What you need to do:
Whenever the word "pending" turns up in a line of the data below, copy that line.

Records for the exercise:
<<<<
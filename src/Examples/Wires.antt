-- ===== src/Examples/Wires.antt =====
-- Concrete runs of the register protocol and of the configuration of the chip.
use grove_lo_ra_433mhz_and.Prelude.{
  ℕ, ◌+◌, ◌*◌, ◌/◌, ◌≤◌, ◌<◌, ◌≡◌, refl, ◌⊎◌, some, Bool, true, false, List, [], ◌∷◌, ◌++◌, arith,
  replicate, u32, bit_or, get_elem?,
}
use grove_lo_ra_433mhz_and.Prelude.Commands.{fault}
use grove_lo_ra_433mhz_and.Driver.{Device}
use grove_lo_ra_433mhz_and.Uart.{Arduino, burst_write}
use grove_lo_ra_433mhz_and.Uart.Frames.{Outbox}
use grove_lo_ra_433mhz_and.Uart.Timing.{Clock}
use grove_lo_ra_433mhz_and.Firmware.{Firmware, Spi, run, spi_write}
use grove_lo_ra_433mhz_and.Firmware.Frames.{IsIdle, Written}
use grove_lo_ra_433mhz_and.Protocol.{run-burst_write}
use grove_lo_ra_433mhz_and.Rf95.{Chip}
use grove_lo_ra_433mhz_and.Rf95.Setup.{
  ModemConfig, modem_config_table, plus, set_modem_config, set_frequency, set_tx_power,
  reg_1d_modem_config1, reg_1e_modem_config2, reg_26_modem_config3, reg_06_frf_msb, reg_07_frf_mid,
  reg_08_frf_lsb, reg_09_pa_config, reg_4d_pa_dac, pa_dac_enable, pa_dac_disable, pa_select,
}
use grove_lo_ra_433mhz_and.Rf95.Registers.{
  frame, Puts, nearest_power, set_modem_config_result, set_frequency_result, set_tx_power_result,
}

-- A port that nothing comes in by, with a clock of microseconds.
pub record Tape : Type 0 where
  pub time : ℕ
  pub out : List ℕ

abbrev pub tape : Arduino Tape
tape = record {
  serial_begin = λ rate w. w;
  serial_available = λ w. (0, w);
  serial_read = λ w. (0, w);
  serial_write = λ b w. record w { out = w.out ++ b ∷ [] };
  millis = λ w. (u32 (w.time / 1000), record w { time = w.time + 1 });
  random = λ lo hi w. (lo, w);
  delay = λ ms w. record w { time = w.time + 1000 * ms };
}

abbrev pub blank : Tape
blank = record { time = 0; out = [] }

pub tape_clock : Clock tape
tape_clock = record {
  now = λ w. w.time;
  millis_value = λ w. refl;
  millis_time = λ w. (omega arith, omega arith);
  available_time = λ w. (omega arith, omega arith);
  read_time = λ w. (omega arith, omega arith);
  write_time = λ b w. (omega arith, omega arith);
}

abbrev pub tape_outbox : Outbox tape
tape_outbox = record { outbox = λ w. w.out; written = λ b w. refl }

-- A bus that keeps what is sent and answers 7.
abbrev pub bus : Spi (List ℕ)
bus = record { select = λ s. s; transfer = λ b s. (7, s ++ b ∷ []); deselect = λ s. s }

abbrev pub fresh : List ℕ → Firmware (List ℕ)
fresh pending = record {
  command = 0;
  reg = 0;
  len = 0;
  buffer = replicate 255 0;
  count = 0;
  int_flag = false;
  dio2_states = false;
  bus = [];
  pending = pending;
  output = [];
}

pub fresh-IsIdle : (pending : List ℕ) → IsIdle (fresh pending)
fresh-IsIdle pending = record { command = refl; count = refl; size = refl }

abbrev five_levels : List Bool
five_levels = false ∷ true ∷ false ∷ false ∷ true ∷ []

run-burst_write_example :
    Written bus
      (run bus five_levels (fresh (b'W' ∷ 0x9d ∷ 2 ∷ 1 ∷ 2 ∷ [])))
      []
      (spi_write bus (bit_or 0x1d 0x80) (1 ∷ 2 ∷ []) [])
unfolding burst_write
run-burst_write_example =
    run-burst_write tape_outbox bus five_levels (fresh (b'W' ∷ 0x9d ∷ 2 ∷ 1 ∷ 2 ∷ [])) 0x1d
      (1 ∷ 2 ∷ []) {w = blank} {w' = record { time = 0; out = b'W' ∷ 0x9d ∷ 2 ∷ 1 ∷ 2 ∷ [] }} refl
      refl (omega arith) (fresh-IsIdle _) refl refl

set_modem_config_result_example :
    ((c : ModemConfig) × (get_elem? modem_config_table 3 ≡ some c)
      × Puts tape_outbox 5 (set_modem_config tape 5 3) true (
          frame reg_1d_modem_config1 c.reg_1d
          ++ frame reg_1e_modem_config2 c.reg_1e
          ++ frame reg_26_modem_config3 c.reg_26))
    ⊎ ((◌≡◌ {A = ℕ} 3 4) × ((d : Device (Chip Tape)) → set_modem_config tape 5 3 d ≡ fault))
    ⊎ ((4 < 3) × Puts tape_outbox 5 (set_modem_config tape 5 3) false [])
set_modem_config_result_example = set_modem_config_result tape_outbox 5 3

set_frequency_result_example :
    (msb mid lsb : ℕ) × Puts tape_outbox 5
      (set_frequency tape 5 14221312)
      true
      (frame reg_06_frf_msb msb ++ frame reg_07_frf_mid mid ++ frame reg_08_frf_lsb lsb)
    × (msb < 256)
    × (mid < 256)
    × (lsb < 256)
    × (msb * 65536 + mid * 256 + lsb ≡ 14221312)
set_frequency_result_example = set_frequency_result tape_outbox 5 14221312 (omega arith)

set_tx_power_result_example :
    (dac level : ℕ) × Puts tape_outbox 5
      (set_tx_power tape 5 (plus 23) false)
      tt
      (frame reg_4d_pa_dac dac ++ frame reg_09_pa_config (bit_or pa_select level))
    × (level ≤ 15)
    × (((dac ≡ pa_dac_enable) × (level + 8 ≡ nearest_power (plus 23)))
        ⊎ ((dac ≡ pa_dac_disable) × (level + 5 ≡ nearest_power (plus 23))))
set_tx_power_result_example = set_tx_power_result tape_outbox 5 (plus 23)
>>>>
<<<<
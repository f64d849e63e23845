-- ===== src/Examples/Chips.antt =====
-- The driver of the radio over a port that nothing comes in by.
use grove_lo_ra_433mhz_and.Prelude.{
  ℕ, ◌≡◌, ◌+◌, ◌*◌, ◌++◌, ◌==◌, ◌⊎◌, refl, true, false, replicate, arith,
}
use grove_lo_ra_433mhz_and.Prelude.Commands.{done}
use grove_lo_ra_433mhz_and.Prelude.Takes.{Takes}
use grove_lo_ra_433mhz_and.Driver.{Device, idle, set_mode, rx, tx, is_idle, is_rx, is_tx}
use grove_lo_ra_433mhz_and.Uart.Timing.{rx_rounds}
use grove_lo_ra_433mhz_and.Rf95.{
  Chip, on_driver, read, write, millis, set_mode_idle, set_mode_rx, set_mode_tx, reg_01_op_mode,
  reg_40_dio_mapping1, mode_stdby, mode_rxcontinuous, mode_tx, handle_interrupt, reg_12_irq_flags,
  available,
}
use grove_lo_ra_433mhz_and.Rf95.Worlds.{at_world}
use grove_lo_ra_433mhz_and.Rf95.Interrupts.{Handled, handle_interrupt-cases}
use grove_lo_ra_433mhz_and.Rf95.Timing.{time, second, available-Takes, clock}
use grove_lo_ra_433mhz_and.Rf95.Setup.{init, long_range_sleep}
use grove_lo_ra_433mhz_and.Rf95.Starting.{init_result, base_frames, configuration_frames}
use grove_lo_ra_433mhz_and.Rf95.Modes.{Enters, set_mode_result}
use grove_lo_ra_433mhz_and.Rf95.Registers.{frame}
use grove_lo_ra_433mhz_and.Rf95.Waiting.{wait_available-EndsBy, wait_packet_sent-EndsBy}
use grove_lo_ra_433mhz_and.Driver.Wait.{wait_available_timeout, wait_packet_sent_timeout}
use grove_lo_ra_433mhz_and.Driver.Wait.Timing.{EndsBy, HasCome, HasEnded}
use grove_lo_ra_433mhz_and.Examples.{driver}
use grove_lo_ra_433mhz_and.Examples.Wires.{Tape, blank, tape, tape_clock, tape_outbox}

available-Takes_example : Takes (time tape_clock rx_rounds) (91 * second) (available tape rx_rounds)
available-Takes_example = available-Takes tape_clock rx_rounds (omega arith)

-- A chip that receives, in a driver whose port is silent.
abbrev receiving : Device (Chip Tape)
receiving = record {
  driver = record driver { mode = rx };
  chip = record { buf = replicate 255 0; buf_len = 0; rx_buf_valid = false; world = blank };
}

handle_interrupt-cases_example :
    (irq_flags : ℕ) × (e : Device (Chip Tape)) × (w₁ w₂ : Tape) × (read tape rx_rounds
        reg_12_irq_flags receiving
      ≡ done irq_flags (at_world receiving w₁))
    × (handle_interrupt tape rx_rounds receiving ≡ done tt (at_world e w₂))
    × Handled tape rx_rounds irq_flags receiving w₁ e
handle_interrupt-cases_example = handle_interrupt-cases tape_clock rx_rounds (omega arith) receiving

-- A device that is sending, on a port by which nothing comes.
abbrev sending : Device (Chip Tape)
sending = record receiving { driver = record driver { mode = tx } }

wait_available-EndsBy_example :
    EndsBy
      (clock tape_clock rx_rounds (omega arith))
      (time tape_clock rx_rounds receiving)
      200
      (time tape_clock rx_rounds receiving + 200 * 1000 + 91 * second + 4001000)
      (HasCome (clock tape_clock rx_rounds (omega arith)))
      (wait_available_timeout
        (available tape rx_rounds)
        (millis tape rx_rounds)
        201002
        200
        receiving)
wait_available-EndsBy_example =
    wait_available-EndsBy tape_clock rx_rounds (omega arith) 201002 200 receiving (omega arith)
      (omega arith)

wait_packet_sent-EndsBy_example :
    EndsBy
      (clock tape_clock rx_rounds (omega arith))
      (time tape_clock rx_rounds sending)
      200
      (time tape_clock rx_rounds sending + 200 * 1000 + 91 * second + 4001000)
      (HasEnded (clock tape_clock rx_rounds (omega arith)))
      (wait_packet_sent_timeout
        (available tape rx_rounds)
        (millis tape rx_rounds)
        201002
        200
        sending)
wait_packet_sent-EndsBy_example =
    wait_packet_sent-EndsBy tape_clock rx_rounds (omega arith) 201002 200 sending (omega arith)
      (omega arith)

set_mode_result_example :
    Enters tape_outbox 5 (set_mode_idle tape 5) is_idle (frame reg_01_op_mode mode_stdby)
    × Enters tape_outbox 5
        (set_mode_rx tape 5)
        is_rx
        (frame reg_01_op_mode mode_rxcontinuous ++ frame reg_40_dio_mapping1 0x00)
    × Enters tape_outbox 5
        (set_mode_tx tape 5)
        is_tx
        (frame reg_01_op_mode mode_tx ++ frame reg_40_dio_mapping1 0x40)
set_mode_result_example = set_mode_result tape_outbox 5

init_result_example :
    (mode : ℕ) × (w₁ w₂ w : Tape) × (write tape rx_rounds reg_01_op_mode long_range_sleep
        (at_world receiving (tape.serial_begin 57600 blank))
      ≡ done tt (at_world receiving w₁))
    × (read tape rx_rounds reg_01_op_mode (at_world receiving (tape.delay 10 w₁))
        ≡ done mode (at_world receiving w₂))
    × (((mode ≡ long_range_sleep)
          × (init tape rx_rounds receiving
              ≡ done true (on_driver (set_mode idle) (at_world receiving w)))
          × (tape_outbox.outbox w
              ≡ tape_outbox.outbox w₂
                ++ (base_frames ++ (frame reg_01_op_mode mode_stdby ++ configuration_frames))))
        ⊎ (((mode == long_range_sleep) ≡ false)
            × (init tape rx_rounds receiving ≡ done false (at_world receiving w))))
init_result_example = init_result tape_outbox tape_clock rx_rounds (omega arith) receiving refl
>>>>
<<<<
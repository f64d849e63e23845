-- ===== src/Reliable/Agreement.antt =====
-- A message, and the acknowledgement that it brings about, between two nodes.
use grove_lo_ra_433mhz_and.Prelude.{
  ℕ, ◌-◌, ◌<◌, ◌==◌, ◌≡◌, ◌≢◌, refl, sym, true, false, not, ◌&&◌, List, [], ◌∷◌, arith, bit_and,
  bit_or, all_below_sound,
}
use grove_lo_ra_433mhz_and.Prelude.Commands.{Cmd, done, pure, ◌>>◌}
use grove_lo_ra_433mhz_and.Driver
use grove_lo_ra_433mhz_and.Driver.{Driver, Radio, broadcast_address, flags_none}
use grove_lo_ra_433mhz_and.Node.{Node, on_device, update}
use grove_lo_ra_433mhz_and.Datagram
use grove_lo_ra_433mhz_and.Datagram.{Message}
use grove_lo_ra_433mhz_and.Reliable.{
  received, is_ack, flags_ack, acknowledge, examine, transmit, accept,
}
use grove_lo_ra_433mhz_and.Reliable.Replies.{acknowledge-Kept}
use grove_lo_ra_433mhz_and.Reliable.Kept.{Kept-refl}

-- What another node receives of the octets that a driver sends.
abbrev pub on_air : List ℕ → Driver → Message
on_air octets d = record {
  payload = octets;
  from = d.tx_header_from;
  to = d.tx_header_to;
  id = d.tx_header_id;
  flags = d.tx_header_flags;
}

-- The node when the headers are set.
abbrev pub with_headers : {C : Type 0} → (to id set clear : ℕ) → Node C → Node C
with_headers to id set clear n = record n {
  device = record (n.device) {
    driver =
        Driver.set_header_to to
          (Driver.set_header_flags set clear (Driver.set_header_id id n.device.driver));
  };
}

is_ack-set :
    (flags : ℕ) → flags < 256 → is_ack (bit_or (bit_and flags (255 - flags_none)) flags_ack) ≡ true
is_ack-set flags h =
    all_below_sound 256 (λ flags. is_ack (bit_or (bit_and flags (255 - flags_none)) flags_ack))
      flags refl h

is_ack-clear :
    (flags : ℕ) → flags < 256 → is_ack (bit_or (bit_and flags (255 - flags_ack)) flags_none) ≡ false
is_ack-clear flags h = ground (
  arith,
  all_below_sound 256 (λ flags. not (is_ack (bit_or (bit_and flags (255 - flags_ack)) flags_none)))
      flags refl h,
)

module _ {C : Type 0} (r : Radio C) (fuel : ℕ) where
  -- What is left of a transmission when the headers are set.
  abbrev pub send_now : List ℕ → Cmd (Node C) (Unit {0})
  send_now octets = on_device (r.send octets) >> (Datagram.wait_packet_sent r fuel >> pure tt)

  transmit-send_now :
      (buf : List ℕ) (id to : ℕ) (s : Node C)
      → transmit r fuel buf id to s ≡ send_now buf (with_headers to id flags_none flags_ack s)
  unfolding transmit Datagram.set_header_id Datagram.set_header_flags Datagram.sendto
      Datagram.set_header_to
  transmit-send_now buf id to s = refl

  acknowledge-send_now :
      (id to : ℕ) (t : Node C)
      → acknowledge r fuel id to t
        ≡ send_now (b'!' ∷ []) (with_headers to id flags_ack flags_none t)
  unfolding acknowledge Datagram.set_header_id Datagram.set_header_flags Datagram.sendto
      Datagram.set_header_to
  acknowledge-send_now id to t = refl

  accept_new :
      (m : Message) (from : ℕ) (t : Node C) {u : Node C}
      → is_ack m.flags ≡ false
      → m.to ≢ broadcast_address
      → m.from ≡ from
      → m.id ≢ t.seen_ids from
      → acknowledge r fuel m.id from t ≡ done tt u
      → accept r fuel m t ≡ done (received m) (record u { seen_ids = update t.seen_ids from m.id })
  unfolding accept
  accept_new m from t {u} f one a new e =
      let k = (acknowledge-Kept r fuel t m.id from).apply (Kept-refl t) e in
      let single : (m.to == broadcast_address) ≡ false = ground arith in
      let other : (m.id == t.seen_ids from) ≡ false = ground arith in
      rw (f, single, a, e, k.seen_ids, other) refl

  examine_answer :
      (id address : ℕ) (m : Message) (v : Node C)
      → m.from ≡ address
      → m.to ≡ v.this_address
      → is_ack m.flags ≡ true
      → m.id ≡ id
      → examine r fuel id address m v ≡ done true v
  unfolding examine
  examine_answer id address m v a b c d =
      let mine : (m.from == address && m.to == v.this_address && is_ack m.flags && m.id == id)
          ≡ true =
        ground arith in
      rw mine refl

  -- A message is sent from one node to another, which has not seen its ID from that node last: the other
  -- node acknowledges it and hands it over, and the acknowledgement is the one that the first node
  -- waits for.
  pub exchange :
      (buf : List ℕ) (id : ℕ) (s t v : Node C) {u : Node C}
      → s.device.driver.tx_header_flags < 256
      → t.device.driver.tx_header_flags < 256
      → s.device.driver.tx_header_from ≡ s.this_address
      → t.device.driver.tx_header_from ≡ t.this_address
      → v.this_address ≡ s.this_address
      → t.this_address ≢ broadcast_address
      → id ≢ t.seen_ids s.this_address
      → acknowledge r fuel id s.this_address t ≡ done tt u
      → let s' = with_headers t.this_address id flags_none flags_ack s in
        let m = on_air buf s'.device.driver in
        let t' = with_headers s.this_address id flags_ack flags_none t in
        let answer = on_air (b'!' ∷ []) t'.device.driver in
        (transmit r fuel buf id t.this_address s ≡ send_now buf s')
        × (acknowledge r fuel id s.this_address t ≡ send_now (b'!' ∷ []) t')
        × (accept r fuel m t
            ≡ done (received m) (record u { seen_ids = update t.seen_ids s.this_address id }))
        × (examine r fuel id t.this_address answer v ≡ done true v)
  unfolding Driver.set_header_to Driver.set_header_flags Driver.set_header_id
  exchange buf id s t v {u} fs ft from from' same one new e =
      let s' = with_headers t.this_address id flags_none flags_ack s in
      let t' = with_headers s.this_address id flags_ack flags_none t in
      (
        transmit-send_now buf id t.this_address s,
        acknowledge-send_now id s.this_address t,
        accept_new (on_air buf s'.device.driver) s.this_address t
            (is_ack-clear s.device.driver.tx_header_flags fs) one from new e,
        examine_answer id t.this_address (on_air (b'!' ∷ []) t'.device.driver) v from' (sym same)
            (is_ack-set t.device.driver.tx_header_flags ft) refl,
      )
>>>>
Reply to the task:
fresh pending = record {
  pending = pending;
pub fresh-IsIdle : (pending : List ℕ) → IsIdle (fresh pending)
fresh-IsIdle pending = record { command = refl; count = refl; size = refl }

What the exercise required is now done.